*TASK:* Here are some records. Transcribe all of them exactly.

*EXERCISE DATA:*
....

-- ===== src/Registry/Fleet.antt =====
-- Witnesses with names and keys, no two of one name.
use khipu_consensus.Prelude.{suc, ◌+◌, ◌≡◌, refl, true, false, List, [], ◌∷◌, arith, All, length}
use khipu_consensus.Python.Value.{Value, eq, eq-is_str_refl}
use khipu_consensus.Python.Dict.{Dict, lookup, insert, has_key, member}
use khipu_consensus.Python.Dict.Keys.{has_key-insert, has_key-insert_own}
use khipu_consensus.Registry.{Witness, pubkeys_onto}
use khipu_consensus.Policy.{named, has_pem}

-- Witnesses with names and keys, each with a name that is not yet a key of the dict.
abbrev pub IsFleet : Dict Value → List Witness → Type 0
IsFleet d [] = Unit
IsFleet d (w ∷ ws) =
    (named w.organ ≡ true)
    × (has_pem w.public_key_pem ≡ true)
    × (has_key w.organ d ≡ false)
    × IsFleet (insert w.organ w.public_key_pem d) ws

-- No witness of the list has a name that is seen, or that stands twice.
abbrev pub AreApart : List Value → List Witness → Type 0
AreApart seen [] = Unit
AreApart seen (w ∷ ws) = (member w.organ seen ≡ false) × AreApart (w.organ ∷ seen) ws

pub AreApart-fewer :
    (s t : List Value) (ws : List Witness)
    → ((v : Value) → member v t ≡ false → member v s ≡ false)
    → AreApart t ws
    → AreApart s ws
unfolding member
AreApart-fewer s t [] f h = tt
AreApart-fewer s t (w ∷ ws) f (new, h) =
    (f w.organ new, AreApart-fewer (w.organ ∷ s) (w.organ ∷ t) ws (λ v g. ground (arith, g, f v)) h)

-- A key that is not there after an insertion is not the one inserted.
has_key-insert_new :
    (v k x : Value) (d : Dict Value)
    → has_key k d ≡ false
    → has_key v (insert k x d) ≡ false
    → (eq k v ≡ false) × (has_key v d ≡ false)
unfolding insert lookup
has_key-insert_new v k x [] fresh h = ground arith
has_key-insert_new v k x ((j, w) ∷ d) fresh h = ground (arith, has_key-insert_new v k x d)

pub IsFleet-AreApart :
    (d : Dict Value) (s : List Value) (ws : List Witness)
    → ((v : Value) → has_key v d ≡ false → member v s ≡ false)
    → IsFleet d ws
    → AreApart s ws
unfolding member
IsFleet-AreApart d s [] link h = tt
IsFleet-AreApart d s (w ∷ ws) link (name, pem, fresh, h) = (
  link w.organ fresh,
  IsFleet-AreApart (insert w.organ w.public_key_pem d) (w.organ ∷ s) ws
      (λ v g.
        let (apart, old) = has_key-insert_new v w.organ w.public_key_pem d fresh g in
        let e = link v old in ground (arith, apart, e))
      h,
)

has_key-pubkeys_onto :
    (v : Value) (d : Dict Value) (ws : List Witness)
    → has_key v d ≡ true
    → has_key v (pubkeys_onto d ws) ≡ true
unfolding pubkeys_onto
has_key-pubkeys_onto v d [] h = h
has_key-pubkeys_onto v d (w ∷ ws) h =
    has_key-pubkeys_onto v (insert w.organ w.public_key_pem d) ws
      (has_key-insert v w.organ w.public_key_pem d h)

-- The names of the witnesses are keys of their dict.
pub IsFleet-known :
    (d : Dict Value) (ws : List Witness)
    → IsFleet d ws
    → All
        (λ (w : Witness). (named w.organ ≡ true) × (has_key w.organ (pubkeys_onto d ws) ≡ true))
        ws
unfolding pubkeys_onto
IsFleet-known d [] h = tt
IsFleet-known d (w ∷ ws) (name, pem, fresh, h) = (
  (
    name,
    has_key-pubkeys_onto w.organ (insert w.organ w.public_key_pem d) ws (
        has_key-insert_own w.organ w.public_key_pem d
          (eq-is_str_refl w.organ (ground (arith, name)))),
  ),
  IsFleet-known (insert w.organ w.public_key_pem d) ws h,
)

insert-length :
    (k v : Value) (d : Dict Value) → has_key k d ≡ false → length (insert k v d) ≡ suc (length d)
unfolding insert lookup
insert-length k v [] h = refl
insert-length k v ((j, w) ∷ d) h = ground (arith, insert-length k v d)

pub length-pubkeys_onto :
    (d : Dict Value) (ws : List Witness)
    → IsFleet d ws
    → length (pubkeys_onto d ws) ≡ length d + length ws
unfolding pubkeys_onto
length-pubkeys_onto d [] h = omega arith
length-pubkeys_onto d (w ∷ ws) (name, pem, fresh, h) = omega (
  arith,
  length-pubkeys_onto (insert w.organ w.public_key_pem d) ws h,
  insert-length w.organ w.public_key_pem d fresh,
)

....

*OUTPUT OF THE EXERCISE:*
-- ===== src/Registry/Fleet.antt =====
-- Witnesses with names and keys, no two of one name.
use khipu_consensus.Prelude.{suc, ◌+◌, ◌≡◌, refl, true, false, List, [], ◌∷◌, arith, All, length}
use khipu_consensus.Python.Value.{Value, eq, eq-is_str_refl}
use khipu_consensus.Python.Dict.{Dict, lookup, insert, has_key, member}
use khipu_consensus.Python.Dict.Keys.{has_key-insert, has_key-insert_own}
use khipu_consensus.Registry.{Witness, pubkeys_onto}
use khipu_consensus.Policy.{named, has_pem}

-- Witnesses with names and keys, each with a name that is not yet a key of the dict.
abbrev pub IsFleet : Dict Value → List Witness → Type 0
IsFleet d [] = Unit
IsFleet d (w ∷ ws) =
    (named w.organ ≡ true)
    × (has_pem w.public_key_pem ≡ true)
    × (has_key w.organ d ≡ false)
    × IsFleet (insert w.organ w.public_key_pem d) ws

-- No witness of the list has a name that is seen, or that stands twice.
abbrev pub AreApart : List Value → List Witness → Type 0
AreApart seen [] = Unit
AreApart seen (w ∷ ws) = (member w.organ seen ≡ false) × AreApart (w.organ ∷ seen) ws

pub AreApart-fewer :
    (s t : List Value) (ws : List Witness)
    → ((v : Value) → member v t ≡ false → member v s ≡ false)
    → AreApart t ws
    → AreApart s ws
unfolding member
AreApart-fewer s t [] f h = tt
AreApart-fewer s t (w ∷ ws) f (new, h) =
    (f w.organ new, AreApart-fewer (w.organ ∷ s) (w.organ ∷ t) ws (λ v g. ground (arith, g, f v)) h)

-- A key that is not there after an insertion is not the one inserted.
has_key-insert_new :
    (v k x : Value) (d : Dict Value)
    → has_key k d ≡ false
    → has_key v (insert k x d) ≡ false
    → (eq k v ≡ false) × (has_key v d ≡ false)
unfolding insert lookup
has_key-insert_new v k x [] fresh h = ground arith
has_key-insert_new v k x ((j, w) ∷ d) fresh h = ground (arith, has_key-insert_new v k x d)

pub IsFleet-AreApart :
    (d : Dict Value) (s : List Value) (ws : List Witness)
    → ((v : Value) → has_key v d ≡ false → member v s ≡ false)
    → IsFleet d ws
    → AreApart s ws
unfolding member
IsFleet-AreApart d s [] link h = tt
IsFleet-AreApart d s (w ∷ ws) link (name, pem, fresh, h) = (
  link w.organ fresh,
  IsFleet-AreApart (insert w.organ w.public_key_pem d) (w.organ ∷ s) ws
      (λ v g.
        let (apart, old) = has_key-insert_new v w.organ w.public_key_pem d fresh g in
        let e = link v old in ground (arith, apart, e))
      h,
)

has_key-pubkeys_onto :
    (v : Value) (d : Dict Value) (ws : List Witness)
    → has_key v d ≡ true
    → has_key v (pubkeys_onto d ws) ≡ true
unfolding pubkeys_onto
has_key-pubkeys_onto v d [] h = h
has_key-pubkeys_onto v d (w ∷ ws) h =
    has_key-pubkeys_onto v (insert w.organ w.public_key_pem d) ws
      (has_key-insert v w.organ w.public_key_pem d h)

-- The names of the witnesses are keys of their dict.
pub IsFleet-known :
    (d : Dict Value) (ws : List Witness)
    → IsFleet d ws
    → All
        (λ (w : Witness). (named w.organ ≡ true) × (has_key w.organ (pubkeys_onto d ws) ≡ true))
        ws
unfolding pubkeys_onto
IsFleet-known d [] h = tt
IsFleet-known d (w ∷ ws) (name, pem, fresh, h) = (
  (
    name,
    has_key-pubkeys_onto w.organ (insert w.organ w.public_key_pem d) ws (
        has_key-insert_own w.organ w.public_key_pem d
          (eq-is_str_refl w.organ (ground (arith, name)))),
  ),
  IsFleet-known (insert w.organ w.public_key_pem d) ws h,
)

insert-length :
    (k v : Value) (d : Dict Value) → has_key k d ≡ false → length (insert k v d) ≡ suc (length d)
unfolding insert lookup
insert-length k v [] h = refl
insert-length k v ((j, w) ∷ d) h = ground (arith, insert-length k v d)

pub length-pubkeys_onto :
    (d : Dict Value) (ws : List Witness)
    → IsFleet d ws
    → length (pubkeys_onto d ws) ≡ length d + length ws
unfolding pubkeys_onto
length-pubkeys_onto d [] h = omega arith
length-pubkeys_onto d (w ∷ ws) (name, pem, fresh, h) = omega (
  arith,
  length-pubkeys_onto (insert w.organ w.public_key_pem d) ws h,
  insert-length w.organ w.public_key_pem d fresh,
)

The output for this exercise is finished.